Na prática, isso significa que uma família que tem consumo médio mensal atual de R$ 500 na conta de energia, economiza quase 95% em cada fatura, uma vez que a usina instalada suprirá todo o gasto do mês, descontando o custo mínimo, que, nesse caso, equivale a 30 kWh, cerca de 30 reais.

Se as vantagens de investimento se aplicam a consumidores, imagina os benefícios financeiros e autonomia capazes de gerar aos grandes consumidores de energia elétrica? É o caso de indústrias e comércios maiores, que através do sistema conseguem pagar uma tarifa de energia ainda mais barata em comparação aos consumidores comuns. O valor dependerá do porte da usina solar de cada cliente. “Levando em conta algumas aplicações em renda fixa com retornos de aproximadamente 15% ao ano, uma usina solar fotovoltaica consegue prover ao investidor retornos de 24% a 36% ao ano”, destaca o diretor executivo da Yellot.

Mesmo para quem opta por financiar o valor necessário para a instalação da energia solar, acaba sendo vantajoso. O especialista pontua que hoje há linhas de crédito por meio das quais é possível optar por substituir o valor da conta de energia pela parcela do financiamento da própria usina. “Em relação aos juros do financiamento, eles serão inferiores à rentabilidade da usina solar fotovoltaica. Portanto, o consumidor continua ganhando”, avalia.

Baixo risco

Quando se fala em investimentos, os especialistas orientam a avaliar os riscos envolvidos na modalidade escolhida. No caso de uma usina solar, eles são muito baixos, em alguns casos até mitigados pelas garantias que são oferecidas pelos fabricantes dos equipamentos. “De maneira geral, catástrofes naturais podem ocasionar danos à usina, assim como em uma construção civil. Para isso, há seguros disponíveis que cobrem quaisquer danos”, lembra o diretor executivo da Yellot Pedro Bouhid.

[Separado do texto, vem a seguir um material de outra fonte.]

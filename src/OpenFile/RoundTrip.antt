-- ===== src/OpenFile/RoundTrip.antt =====
-- `ReadAt` after `WriteAt`, and a write to a file with an index block.
use nachos_3_4_lab.Prelude.{
  ℕ, ◌+◌, ◌-◌, ◌*◌, ◌≤◌, ◌<◌, ◌≡◌, ◌∙◌, min, refl, ap, List, length, get_or, arith, lt→ltb, ◌==◌,
  if◌then◌else◌,
}
use nachos_3_4_lab.Prelude.Outcome.{ok}
use nachos_3_4_lab.Prelude.Copy.{
  bytes_at, put_bytes, copy_in_fits, copy_out_fits, length-bytes_at, length-put_bytes,
  get_or-put_bytes, get_or-bytes_at,
}
use nachos_3_4_lab.Disk.{Disk, write_sector}
use nachos_3_4_lab.FileHeader.{FileHeader, file_length, byte_to_sector}
use nachos_3_4_lab.OpenFile.{clipped, fill, read_at, write_sectors, write_part, write_at}
use nachos_3_4_lab.OpenFile.Contents.{IsDirect, Formatted, sector_at}
use nachos_3_4_lab.OpenFile.Read.{clipped_lem, read_at-IsPart}
use nachos_3_4_lab.OpenFile.Write.{write_at-Written}

module _ (fresh : ℕ → List ℕ) (sizes : (n : ℕ) → length (fresh n) ≡ n) (hdr : FileHeader) where
  -- If `new` gives arrays of the size asked for, a file has at most fourteen distinct sectors on
  -- the disk, every sector 128 bytes, and the bytes given are at least as many as asked for, then
  -- `WriteAt` at any position and `ReadAt` of the same request after it both return the number of
  -- bytes up to the end of the file or as many as asked for, if that is less, and `ReadAt` gives
  -- back the bytes that were written.
  pub write_at-read_at :
      (d : Disk) (from : List ℕ) (num_bytes position : ℕ)
      → IsDirect hdr
      → Formatted d
      → num_bytes ≤ length from
      → position + num_bytes < 0x8000_0000
      → let n = min num_bytes (hdr.num_bytes - position) in
        (d' : Disk) × (bytes : List ℕ) × (write_at fresh from num_bytes position hdr d ≡ ok (n, d'))
        × (read_at fresh num_bytes position hdr d' ≡ ok (n, bytes))
        × (length bytes ≡ n)
        × ((j : ℕ) → j < n → get_or bytes j 0 ≡ get_or from j 0)
  write_at-read_at d from num_bytes position h f given no_overflow =
      let (d', wrote, w) =
        write_at-Written fresh sizes d h f from num_bytes position given no_overflow in
      let (bytes, did_read, r) =
        read_at-IsPart fresh sizes h w.formatted num_bytes position no_overflow in
      (
        d',
        bytes,
        wrote,
        did_read,
        r.size,
        λ j lt.
            let index : position + j - position ≡ j = omega arith in
            let same : get_or from (position + j - position) 0 ≡ get_or from j 0 =
              ap (λ k. get_or from k 0) index in
            ground (arith, r.each j lt, w.bytes (position + j) (omega arith), same),
      )

  -- If `new` gives arrays of the size asked for, a file is at least fifteen sectors long, its index
  -- block is a sector of the disk and 128 bytes are given, then `WriteAt` of the fifteenth sector
  -- writes them into the index block and changes nothing else.
  pub write_at-index_block :
      (d : Disk) (from : List ℕ)
      → 15 * 128 ≤ hdr.num_bytes
      → sector_at hdr 14 < 1024
      → length from ≡ 128
      → (bytes : List ℕ) × (write_at fresh from 128 (14 * 128) hdr d
          ≡ ok (128, λ k. if k == sector_at hdr 14 then bytes else d k))
        × (length bytes ≡ 128)
        × ((j : ℕ) → j < 128 → get_or bytes j 0 ≡ get_or from j 0)
  unfolding write_at write_part write_sectors fill byte_to_sector write_sector file_length
  write_at-index_block d from large there given =
      let n : clipped 128 (14 * 128) hdr.num_bytes ≡ ok 128 =
        clipped_lem 128 (14 * 128) hdr.num_bytes (omega arith) ∙ ap ok (omega arith) in
      let bytes : List ℕ = bytes_at 128 0 from in
      let size : length bytes ≡ 128 = length-bytes_at 128 0 from in
      let room : 0 + length bytes ≤ length (fresh 128) = omega (arith, sizes 128) in
      let buf : List ℕ = put_bytes bytes 0 (fresh 128) in
      (
        bytes_at 128 0 buf,
        rw
            (
              n,
              copy_out_fits 128 0 from (omega arith),
              copy_in_fits bytes 0 (fresh 128) room,
              copy_out_fits 128 0 buf
                  (omega (arith, sizes 128, length-put_bytes bytes 0 (fresh 128))),
              lt→ltb (sector_at hdr 14) 1024 there,
            )
            refl,
        length-bytes_at 128 0 buf,
        λ j lt.
            let put = get_or-put_bytes bytes 0 (fresh 128) (0 + j) room in
            let index : 0 + j - 0 ≡ j = omega arith in
            let same : get_or bytes (0 + j - 0) 0 ≡ get_or bytes j 0 =
              ap (λ k. get_or bytes k 0) index in
            let zero : get_or from (0 + j) 0 ≡ get_or from j 0 =
              ap (λ k. get_or from k 0) (omega arith) in
            ground (
              arith,
              get_or-bytes_at 128 0 buf j lt,
              put,
              same,
              get_or-bytes_at 128 0 from j lt,
              zero,
              size,
            ),
      )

De acordo com o marco legal da energia solar, quem solicitar o serviço até 12 meses depois da lei sancionada – ou seja, até 7 de janeiro 2023 não paga tarifas pelo custo de distribuição. Porém, quem fizer a adesão após essa data haverá uma cobrança com aumento médio de 4% ano. Ainda assim, o investimento em uma usina não deixa de valer a pena. Pedro explica que por mais que haja cobranças relacionadas à distribuição da energia injetada, os aumentos relacionados às tarifas de energia são superiores à cobrança pelo uso da rede.

Outro ponto a ser avaliado nesse sentido é que a ‘taxação’ será aplicada somente sobre a energia que será injetada, ou seja, em uma residência, durante a produção de energia pela usina no dia, boa parte do que é produzido é consumido instantaneamente sem passar no medidor da concessionária. “Apenas o excedente será computado pelo medidor ocasionando um desconto da energia injetada para custear a sua distribuição”, orienta Pedro.